#### To do
Check every line of the material below for "enough". Give the number of lines that have it, and only that.

#### Data supplied
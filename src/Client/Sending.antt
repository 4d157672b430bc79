-- ===== src/Client/Sending.antt =====
-- When the number of the next request moves.
use fall2026_18749_project.Prelude.{ℕ, ◌+◌, ◌≡◌, suc, subst, ap, ◌∙◌, false, arith, inl, inr}
use fall2026_18749_project.Value.{pos, Fields}
use fall2026_18749_project.Result.{Exn, Result, ok, err, Result-cases}
use fall2026_18749_project.Text.{is_blank}
use fall2026_18749_project.Protocol.WellFormed.{IsValid, IsReply}
use fall2026_18749_project.Protocol.Built.{build_client_request_lem}
use fall2026_18749_project.Client.Reply.{accepted-IsReply}
use fall2026_18749_project.Protocol.Build.{request_fields, build_client_request}
use fall2026_18749_project.Client.{
  Client, Answers, prepare, exchange, settle, send_increment, validate_reply,
}

settle_ok :
    (r : Result Fields) (s : Client) (m : Fields)
    → (settle r s).0 ≡ ok m
    → (r ≡ ok m) × ((settle r s).1.next_request_num ≡ s.next_request_num + 1)
unfolding settle
settle_ok (ok answer) s m h = ground arith
settle_ok (err e) s m h = ground arith

settle_err :
    (r : Result Fields) (s : Client) (e : Exn)
    → (settle r s).0 ≡ err e
    → (settle r s).1.next_request_num ≡ s.next_request_num
unfolding settle
settle_err (ok answer) s m h = ground arith
settle_err (err e) s m h = ground arith

exchange_ok :
    (a : Answers) (sent : Fields) (s : Client) (m : Fields)
    → (exchange a sent s).0 ≡ ok m
    → (a.read ≡ ok m) × (validate_reply m sent ≡ ok tt)
unfolding exchange
exchange_ok a sent s m h = ground arith

exchange_number :
    (a : Answers) (sent : Fields) (s : Client)
    → (exchange a sent s).1.next_request_num ≡ s.next_request_num
unfolding exchange
exchange_number a sent s = ground arith

prepare_number : (a : Answers) (s : Client) → (prepare a s).1.next_request_num ≡ s.next_request_num
unfolding prepare
prepare_number a s = ground arith

prepare_ok :
    (a : Answers) (s : Client) (m : Fields)
    → (prepare a s).0 ≡ ok m
    → build_client_request s.client_id s.replica_id (pos s.next_request_num) ≡ ok m
unfolding prepare
prepare_ok a s m h = ground arith

-- What a call that returned has gone through.
pub record Returned (a : Answers) (s t : Client) (m : Fields) : Type 0 where
  pub sent : Fields
  pub built : build_client_request s.client_id s.replica_id (pos s.next_request_num) ≡ ok sent
  pub was_read : a.read ≡ ok m
  pub matches : validate_reply m sent ≡ ok tt
  pub number : t.next_request_num ≡ s.next_request_num + 1

-- When `send_increment` raises an exception, the number of the next request stays what it was.
pub send_increment_failed :
    (a : Answers) (s : Client) (e : Exn)
    → (send_increment a s).0 ≡ err e
    → (send_increment a s).1.next_request_num ≡ s.next_request_num
unfolding send_increment
send_increment_failed a s e h = elim (Result-cases (prepare a s).0) [
  | inl (sent, p) ↦ ground (
    arith,
    prepare_number a s,
    exchange_number a sent (prepare a s).1,
    settle_err (exchange a sent (prepare a s).1).0 (exchange a sent (prepare a s).1).1 e,
  )
  | inr (x, p) ↦ ground (arith, prepare_number a s)
]

pub send_increment_ok :
    (a : Answers) (s : Client) (m : Fields)
    → (send_increment a s).0 ≡ ok m
    → Returned a s (send_increment a s).1 m
unfolding send_increment
send_increment_ok a s m h = elim (Result-cases (prepare a s).0) [
  | inl (sent, p) ↦
      let t = (prepare a s).1 in
      let h = rw p at h in
      let (settled, number) = settle_ok (exchange a sent t).0 (exchange a sent t).1 m h in
      let (was_read, matches) = exchange_ok a sent t m settled in
      record {
        sent = sent;
        built = prepare_ok a s sent p;
        was_read = was_read;
        matches = matches;
        number =
            rw p (number ∙ ap (λ (k : ℕ). k + 1) (exchange_number a sent t ∙ prepare_number a s));
      }
  | inr (x, p) ↦ absurd (let h = rw p at h in cc)
]

-- When `send_increment` returns a message that is valid, for a client and a replica whose names are
-- not blank and the next request number n + 1, then the message is the replica's reply to this
-- client's request n + 1, and the next request number has gone up by one.
pub send_increment-IsReply :
    (a : Answers) (s : Client) (m : Fields) (n : ℕ)
    → s.next_request_num ≡ suc n
    → is_blank s.client_id ≡ false
    → is_blank s.replica_id ≡ false
    → IsValid m
    → (send_increment a s).0 ≡ ok m
    → ((v : ℕ) × IsReply m s.client_id s.replica_id n v)
      × ((send_increment a s).1.next_request_num ≡ s.next_request_num + 1)
send_increment-IsReply a s m n number client_text replica_text valid h =
    let r = send_increment_ok a s m h in
    let built : build_client_request s.client_id s.replica_id (pos (suc n)) ≡ ok r.sent =
      rw number at r.built in
    let same : r.sent ≡ request_fields s.client_id s.replica_id (pos (suc n)) =
      cc (build_client_request_lem client_text replica_text n) in
    (
      accepted-IsReply m valid s.client_id s.replica_id n tt
          (subst (λ (f : Fields). validate_reply m f ≡ ok tt) same r.matches),
      r.number,
    )
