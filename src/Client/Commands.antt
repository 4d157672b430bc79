-- ===== src/Client/Commands.antt =====
-- The loops that call `send_increment`: `run_automatic` and `run_interactive` of
-- src/ft_system/client/app.py, and the loop with a count of src/ft_system/client/main.py. Each runs
-- over what the network does in each attempt; at the end of that list the loop is still running,
-- unless it has ended before. The pauses between the attempts are not modelled.
use fall2026_18749_project.Prelude.{
  ℕ, ◌+◌, ◌≤◌, ◌<◌, ltb→lt, String, ◌≡◌, refl, ap, subst, ◌∙◌, Bool, true, false, not, ◌&&◌, ◌||◌,
  ◌==◌, List, [], ◌∷◌, ◌++◌, ltb, arith, if◌then◌else◌, ◌⊎◌, inl, inr, Bool-cases,
}
use fall2026_18749_project.Value.{Float, Fields}
use fall2026_18749_project.Result.{Exn, Result, ok, err, value_error, guard, Result-cases}
use fall2026_18749_project.Exec.{Exec, pure, raise, lift, gets, modify, attempt, ◌>>=◌, ◌>>◌}
use fall2026_18749_project.Logger.{error, raised, unknown_command}
use fall2026_18749_project.Config.{is_positive}
use fall2026_18749_project.Client.{Client, Answers, is_caught, drop_connection, send_increment}
use fall2026_18749_project.Client.Sending.{send_increment_ok, send_increment_failed}

-- The `except` block: a caught exception is logged, and the loop goes on.
unfoldable pub report : Result Fields → Exec Client Bool
report (ok m) = pure true
report (err e) =
    if is_caught e
    then (do
      client_id ← gets (λ s. s.client_id)
      modify (λ s. record s { log = s.log ++ error client_id (raised e) ∷ [] })
      pure false)
    else raise e

-- One attempt: whether a reply was returned.
unfoldable pub try_increment : Answers → Exec Client Bool
unfolding report
try_increment a = do r ← attempt (send_increment a); report r

unfoldable pub automatic_loop : List Answers → Exec Client (Unit {0})
unfolding try_increment
automatic_loop [] = pure tt
automatic_loop (a ∷ rest) = do try_increment a; automatic_loop rest

-- `run_automatic`
unfoldable pub run_automatic : Float → List Answers → Exec Client (Unit {0})
unfolding automatic_loop
run_automatic interval attempts = do
  lift (
      guard (is_positive interval)
        (value_error "interval must be a finite positive number of seconds"))
  automatic_loop attempts

-- `run_interactive`, over the commands as `strip` and `lower` return them: it returns true when it
-- has been told to quit.
unfoldable pub run_interactive : List (String × Answers) → Exec Client Bool
unfolding try_increment
run_interactive [] = pure false
run_interactive ((command, a) ∷ rest) =
    if command == "quit" || command == "exit"
    then pure true
    else if not (command == "") && not (command == "increment")
    then (do
      client_id ← gets (λ s. s.client_id)
      modify (λ s. record s { log = s.log ++ error client_id (unknown_command command) ∷ [] })
      run_interactive rest)
    else (do try_increment a; run_interactive rest)

-- Where the loop with a count is when the attempts are used up: past its end, or still running,
-- with this many replies.
pub data LoopState : Type 0 where
  finished : LoopState
  running : (completed : ℕ) → LoopState

-- The loop with a count.
unfoldable pub run_count : ℕ → ℕ → List Answers → Exec Client LoopState
unfolding try_increment
run_count count completed [] = pure (if ltb completed count then running completed else finished)
run_count count completed (a ∷ rest) =
    if ltb completed count
    then (do
      replied ← try_increment a
      run_count count (if replied then completed + 1 else completed) rest)
    else pure finished

-- `client.close()`
unfoldable pub close : Client → Client
unfolding drop_connection
close s = (drop_connection s).1

-- The `finally` block: it closes the client unless the loop is still running.
unfoldable pub leave_loop : Result LoopState × Client → Result LoopState × Client
unfolding close
leave_loop (ok (running completed), s) = (ok (running completed), s)
leave_loop (ok finished, s) = (ok finished, close s)
leave_loop (err e, s) = (err e, close s)

-- From the `try` on, with a positive count.
unfoldable pub run_counted : ℕ → List Answers → Exec Client LoopState
unfolding leave_loop run_count
run_counted count attempts s = leave_loop (run_count count 0 attempts s)

report_number :
    (r : Result Fields) (s : Client) → (report r s).1.next_request_num ≡ s.next_request_num
unfolding report
report_number (ok m) s = refl
report_number (err e) s = ground arith

-- What an attempt that does not raise has returned.
report_returned :
    (r : Result Fields) (s : Client) (b : Bool)
    → (report r s).0 ≡ ok b
    → ((b ≡ true) × ((m : Fields) × (r ≡ ok m))) ⊎ ((b ≡ false) × ((e : Exn) × (r ≡ err e)))
unfolding report
report_returned (ok m) s true h = inl (refl, (m, refl))
report_returned (ok m) s false h = absurd (let h = h in cc)
report_returned (err e) s b h = elim (Bool-cases (is_caught e)) [
  | inl caught ↦ inr ((let h = rw caught at h in cc), (e, refl))
  | inr other ↦ absurd (let h = rw other at h in cc)
]

abbrev one_if : Bool → ℕ
one_if true = 1
one_if false = 0

add_zero : (n : ℕ) → n ≡ n + 0
add_zero n = omega arith

try_increment_number :
    (a : Answers) (s : Client) (b : Bool)
    → (try_increment a s).0 ≡ ok b
    → (try_increment a s).1.next_request_num ≡ s.next_request_num + one_if b
unfolding try_increment
try_increment_number a s b h =
    let r = send_increment a s in
    elim (report_returned r.0 r.1 b h) [
      | inl (is, (m, e)) ↦ rw is (report_number r.0 r.1 ∙ (send_increment_ok a s m e).number)
      | inr (is, (e, x)) ↦
          rw is
            (report_number r.0 r.1 ∙ send_increment_failed a s e x ∙ add_zero s.next_request_num)
    ]

-- How many replies the loop has got.
abbrev pub replies : ℕ → LoopState → ℕ
replies count finished = count
replies count (running completed) = completed

-- What the loop has done from the state `s`, with `completed` replies at its start.
pub record Counted (count completed : ℕ) (s : Client) (x : LoopState) (t : Client) : Type 0 where
  pub number : t.next_request_num + completed ≡ s.next_request_num + replies count x
  pub below : (k : ℕ) → x ≡ running k → k < count

within_after : (b : Bool) (n count : ℕ) → n < count → (if b then n + 1 else n) ≤ count
within_after true n count h = omega arith
within_after false n count h = omega arith

one_more :
    (b : Bool) (t u v n k : ℕ)
    → t + (if b then n + 1 else n) ≡ u + k
    → u ≡ v + one_if b
    → t + n ≡ v + k
one_more true t u v n k h g = omega arith
one_more false t u v n k h g = omega arith

at_end-Counted :
    (count completed : ℕ) (b : Bool) (s : Client)
    → ltb completed count ≡ b
    → completed ≤ count
    → Counted count completed s (if b then running completed else finished) s
at_end-Counted count completed true s h within = record {
  number = refl;
  below = λ k e.
      let same : completed ≡ k = ap (replies count) e in
      subst (λ (n : ℕ). n < count) same (ltb→lt completed count h);
}
at_end-Counted count completed false s h within = record {
  number = ground (arith, h, within);
  below = λ k e. cc;
}

run_count-Counted :
    (count completed : ℕ) (attempts : List Answers) (s : Client) (x : LoopState)
    → completed ≤ count
    → (run_count count completed attempts s).0 ≡ ok x
    → Counted count completed s x (run_count count completed attempts s).1
unfolding run_count
run_count-Counted count completed [] s x within h =
    let same : (if ltb completed count then running completed else finished) ≡ x = cc in
    subst (λ (y : LoopState). Counted count completed s y s) same
      (at_end-Counted count completed (ltb completed count) s refl within)
run_count-Counted count completed (a ∷ rest) s x within h =
    elim (Bool-cases (ltb completed count)) [
      | inl more ↦ elim (Result-cases (try_increment a s).0) [
        | inl (b, e) ↦
            let h = rw (more, e) at h in
            let c =
              run_count-Counted count (if b then completed + 1 else completed) rest
                (try_increment a s).1 x (within_after b completed count (ltb→lt _ _ more)) h in
            let one = try_increment_number a s b e in
            rw (more, e)
              (record {
                number = one_more b _ _ _ completed (replies count x) c.number one;
                below = c.below;
              })
        | inr (y, e) ↦ absurd (let h = rw (more, e) at h in cc)
      ]
      | inr enough ↦
          let same : finished ≡ x = (let h = rw enough at h in cc) in
          let c : Counted count completed s finished s =
            at_end-Counted count completed false s enough within in
          rw enough (subst (λ (y : LoopState). Counted count completed s y s) same c)
    ]

-- The loop and the `finally` block.
pub record Ran (count : ℕ) (s : Client) (x : LoopState) (t : Client) : Type 0 where
  pub number : t.next_request_num ≡ s.next_request_num + replies count x
  pub below : (k : ℕ) → x ≡ running k → k < count
  pub dropped : x ≡ finished → t.connected ≡ false

leave_loop-Ran :
    (count : ℕ) (s : Client) (r : Result LoopState) (t : Client) (x : LoopState)
    → (leave_loop (r, t)).0 ≡ ok x
    → (r ≡ ok x → Counted count 0 s x t)
    → Ran count s x (leave_loop (r, t)).1
unfolding leave_loop close
leave_loop-Ran count s (ok finished) t x h c =
    let c = c h in
    record { number = let e = c.number in omega arith; below = c.below; dropped = λ e. refl }
leave_loop-Ran count s (ok (running k)) t x h c =
    let c = c h in
    record { number = let e = c.number in omega arith; below = c.below; dropped = λ e. cc }
leave_loop-Ran count s (err e) t x h c = cc

-- When the loop of the client with a count does not raise over a sequence of attempts, it has
-- either ended, with exactly that many replies and the connection dropped by the `finally` block,
-- or it is still running after the last attempt, with fewer replies; and the number of the next
-- request has gone up by exactly the replies: no failed attempt counts.
pub counted_replies :
    (count : ℕ) (attempts : List Answers) (s : Client) (x : LoopState)
    → (run_counted count attempts s).0 ≡ ok x
    → Ran count s x (run_counted count attempts s).1
unfolding run_counted
counted_replies count attempts s x h =
    let y = run_count count 0 attempts s in
    leave_loop-Ran count s y.0 y.1 x h (run_count-Counted count 0 attempts s x (omega arith))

#### Your response
4